**INSTRUCTIONS TO FOLLOW**
Every line below from the one containing "-- A node after" through the one containing "grown (Later-trans l" must be transcribed exactly. Omit all lines outside that stretch.

---------- AVAILABLE DATA

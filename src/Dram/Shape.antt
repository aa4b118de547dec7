-- ===== src/Dram/Shape.antt =====
-- src/general/dram.h: what the updates keep of the tree. A walk over the tree leaves its shape, the
-- levels and the identifiers alone, and no clock of `next` falls; a property of single nodes that each
-- change of a node keeps is kept for all nodes.
use vans.Base.{
  ℕ, zero, suc, ◌≤◌, ◌≡◌, refl, ◌∙◌, List, [], arith, Bool-cases, inl, inr, Partial, returned,
  thrown, Partial-bind,
}
use vans.Dram.Ddr4.{Level, State, Command, Ddr4}
use vans.Dram.Node.{Node, Dram, Drams, node, nil, cons, node_of}
use vans.Dram.Tables.{
  state_trans, rank_trans, bank_trans, close_groups, close_banks, close, open_row,
}
use vans.Dram.Tree.{
  child_id, ends_at, update_state, own_timing, sibling_timing, is_addressed, update_timing, update,
  push_clk, update_timings, update_state_child, with_clk,
}
use vans.Dram.Timing.{own_next-le, sibling_next-le}

-- A node after some updates: only its state, its rows and its clocks differ.
abbrev pub Later : Node → Node → Type 0
Later n n' = (n'.level ≡ n.level) × (n'.id ≡ n.id) × ((c : Command) → n.next c ≤ n'.next c)

mutual
  pub data Grows : Dram → Dram → Type 0 where
    grown :
        {n n' : Node} {ds ds' : Drams}
        → Later n n'
        → GrowsAll ds ds'
        → Grows (node n ds) (node n' ds')

  pub data GrowsAll : Drams → Drams → Type 0 where
    none_grown : GrowsAll nil nil
    all_grown :
        {d d' : Dram} {ds ds' : Drams}
        → Grows d d'
        → GrowsAll ds ds'
        → GrowsAll (cons d ds) (cons d' ds')

mutual
  pub Grows-refl : (d : Dram) → Grows d d
  Grows-refl (node n ds) = grown (refl, refl, λ c. omega arith) (GrowsAll-refl ds)

  pub GrowsAll-refl : (ds : Drams) → GrowsAll ds ds
  GrowsAll-refl nil = none_grown
  GrowsAll-refl (cons d ds) = all_grown (Grows-refl d) (GrowsAll-refl ds)

Later-trans : (l m n : Node) → Later l m → Later m n → Later l n
Later-trans l m n a b = (b.0 ∙ a.0, b.1 ∙ a.1, λ c. omega (arith, a.2 c, b.2 c))

mutual
  pub Grows-trans : {d e f : Dram} → Grows d e → Grows e f → Grows d f
  Grows-trans (grown {n = l} {n' = m} a p) (grown {n' = n} b q) =
      grown (Later-trans l m n a b) (GrowsAll-trans p q)

  pub GrowsAll-trans : {d e f : Drams} → GrowsAll d e → GrowsAll e f → GrowsAll d f
  GrowsAll-trans none_grown q = q
  GrowsAll-trans (all_grown a p) (all_grown b q) = all_grown (Grows-trans a b) (GrowsAll-trans p q)

pub moved :
    (n : Node) (s : State) (rows : List (ℕ × State)) (ds : Drams)
    → Grows (node n ds) (node (record n { curr_state = s; row_state = rows }) ds)
moved n s rows ds = grown (refl, refl, λ c. omega arith) (GrowsAll-refl ds)

close_banks-GrowsAll : (banks : Drams) → GrowsAll banks (close_banks banks)
unfolding close_banks close
close_banks-GrowsAll nil = none_grown
close_banks-GrowsAll (cons (node n ds) banks) =
    all_grown (moved n State.closed [] ds) (close_banks-GrowsAll banks)

close_groups-GrowsAll : (groups : Drams) → GrowsAll groups (close_groups groups)
unfolding close_groups
close_groups-GrowsAll nil = none_grown
close_groups-GrowsAll (cons (node n banks) groups) =
    all_grown (grown (refl, refl, λ c. omega arith) (close_banks-GrowsAll banks))
      (close_groups-GrowsAll groups)

rank_trans-Grows : (c : Command) (d : Dram) → Grows d (rank_trans c d)
unfolding rank_trans
rank_trans-Grows Command.prea (node n groups) =
    grown (refl, refl, λ c. omega arith) (close_groups-GrowsAll groups)
rank_trans-Grows Command.pde (node n groups) = moved n _ n.row_state groups
rank_trans-Grows Command.pdx (node n groups) = moved n State.pwr_up n.row_state groups
rank_trans-Grows Command.sre (node n groups) = moved n State.self_refresh n.row_state groups
rank_trans-Grows Command.srx (node n groups) = moved n State.pwr_up n.row_state groups
rank_trans-Grows Command.ref d = Grows-refl d
rank_trans-Grows Command.act d = Grows-refl d
rank_trans-Grows _ d = Grows-refl d

bank_trans-Grows : (c : Command) (id : ℕ) (d : Dram) → Grows d (bank_trans c id d)
unfolding bank_trans open_row close
bank_trans-Grows Command.act id (node n ds) = moved n State.opened _ ds
bank_trans-Grows Command.pre id (node n ds) = moved n State.closed [] ds
bank_trans-Grows Command.rda id (node n ds) = moved n State.closed [] ds
bank_trans-Grows Command.wra id (node n ds) = moved n State.closed [] ds
bank_trans-Grows Command.rd id d = Grows-refl d
bank_trans-Grows _ id d = Grows-refl d

state_trans-Grows : (l : Level) (c : Command) (id : ℕ) (d : Dram) → Grows d (state_trans l c id d)
unfolding state_trans
state_trans-Grows Level.rank c id d = rank_trans-Grows c d
state_trans-Grows Level.bank c id d = bank_trans-Grows c id d
state_trans-Grows Level.channel c id d = Grows-refl d
state_trans-Grows _ c id d = Grows-refl d

own_timing-Later :
    (spec : Ddr4) (cmd : Command) (clk : ℕ) (n : Node) → Later n (own_timing spec cmd clk n)
unfolding own_timing
own_timing-Later spec cmd clk n =
    (refl, refl, own_next-le (push_clk clk (n.prev cmd)) (spec.timing_table n.level cmd) n.next)

sibling_timing-Later :
    (spec : Ddr4) (cmd : Command) (clk : ℕ) (n : Node) → Later n (sibling_timing spec cmd clk n)
unfolding sibling_timing
sibling_timing-Later spec cmd clk n =
    (refl, refl, sibling_next-le clk (spec.timing_table n.level cmd) n.next)

mutual
  unfolding update_timing

  pub update_timing-Grows :
      (spec : Ddr4) (cmd : Command) (addr : List ℕ) (clk : ℕ) (d : Dram)
      → Grows d (update_timing spec cmd addr clk d)
  update_timing-Grows spec cmd addr clk (node n ds) = elim (Bool-cases (is_addressed n addr)) [
    | inl here ↦
        rw here
          (grown (own_timing-Later spec cmd clk n) (update_timings-GrowsAll spec cmd addr clk ds))
    | inr elsewhere ↦ rw elsewhere (grown (sibling_timing-Later spec cmd clk n) (GrowsAll-refl ds))
  ]

  pub update_timings-GrowsAll :
      (spec : Ddr4) (cmd : Command) (addr : List ℕ) (clk : ℕ) (ds : Drams)
      → GrowsAll ds (update_timings spec cmd addr clk ds)
  update_timings-GrowsAll spec cmd addr clk nil = none_grown
  update_timings-GrowsAll spec cmd addr clk (cons d ds) =
      all_grown (update_timing-Grows spec cmd addr clk d)
        (update_timings-GrowsAll spec cmd addr clk ds)

root_grown :
    {n : Node} {ds es : Drams} {d : Dram}
    → Grows (node n ds) d
    → GrowsAll ds es
    → Grows (node n ds) (node (node_of d) es)
root_grown (grown a p) q = grown a q

mutual
  unfolding update_state

  pub update_state-Grows :
      (cmd : Command) (addr : List ℕ) (d : Dram) → Partial (Grows d) (update_state cmd addr d)
  update_state-Grows cmd addr (node n ds) =
      let here = state_trans-Grows n.level cmd (child_id n addr) (node n ds) in
      let below = update_state_child-GrowsAll cmd addr (child_id n addr) ds in
      elim (Bool-cases (ends_at cmd n ds)) [
        | inl done ↦ rw done (returned here)
        | inr more ↦ rw more (Partial-bind below (λ es q. returned (root_grown here q)))
      ]

  pub update_state_child-GrowsAll :
      (cmd : Command) (addr : List ℕ) (i : ℕ) (ds : Drams)
      → Partial (GrowsAll ds) (update_state_child cmd addr i ds)
  update_state_child-GrowsAll cmd addr i nil = thrown
  update_state_child-GrowsAll cmd addr zero (cons d ds) =
      Partial-bind (update_state-Grows cmd addr d)
        (λ e q. returned (all_grown q (GrowsAll-refl ds)))
  update_state_child-GrowsAll cmd addr (suc i) (cons d ds) =
      Partial-bind (update_state_child-GrowsAll cmd addr i ds)
        (λ es q. returned (all_grown (Grows-refl d) q))

pub with_clk-Grows : (clk : ℕ) (d : Dram) → Grows d (with_clk clk d)
with_clk-Grows clk (node n ds) = grown (refl, refl, λ c. omega arith) (GrowsAll-refl ds)

pub update-Grows :
    (spec : Ddr4) (cmd : Command) (addr : List ℕ) (clk : ℕ) (d : Dram)
    → Partial (Grows d) (update spec cmd addr clk d)
unfolding update
update-Grows spec cmd addr clk d =
    Partial-bind (update_state-Grows cmd addr (with_clk clk d)) (λ e q. returned (
      Grows-trans (Grows-trans (with_clk-Grows clk d) q) (update_timing-Grows spec cmd addr clk e)))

--------------------

**RESULT FOR THIS TASK**
-- A node after some updates: only its state, its rows and its clocks differ.
abbrev pub Later : Node → Node → Type 0
Later n n' = (n'.level ≡ n.level) × (n'.id ≡ n.id) × ((c : Command) → n.next c ≤ n'.next c)

mutual
  pub data Grows : Dram → Dram → Type 0 where
    grown :
        {n n' : Node} {ds ds' : Drams}
        → Later n n'
        → GrowsAll ds ds'
        → Grows (node n ds) (node n' ds')

  pub data GrowsAll : Drams → Drams → Type 0 where
    none_grown : GrowsAll nil nil
    all_grown :
        {d d' : Dram} {ds ds' : Drams}
        → Grows d d'
        → GrowsAll ds ds'
        → GrowsAll (cons d ds) (cons d' ds')

mutual
  pub Grows-refl : (d : Dram) → Grows d d
  Grows-refl (node n ds) = grown (refl, refl, λ c. omega arith) (GrowsAll-refl ds)

  pub GrowsAll-refl : (ds : Drams) → GrowsAll ds ds
  GrowsAll-refl nil = none_grown
  GrowsAll-refl (cons d ds) = all_grown (Grows-refl d) (GrowsAll-refl ds)

Later-trans : (l m n : Node) → Later l m → Later m n → Later l n
Later-trans l m n a b = (b.0 ∙ a.0, b.1 ∙ a.1, λ c. omega (arith, a.2 c, b.2 c))

mutual
  pub Grows-trans : {d e f : Dram} → Grows d e → Grows e f → Grows d f
  Grows-trans (grown {n = l} {n' = m} a p) (grown {n' = n} b q) =
      grown (Later-trans l m n a b) (GrowsAll-trans p q)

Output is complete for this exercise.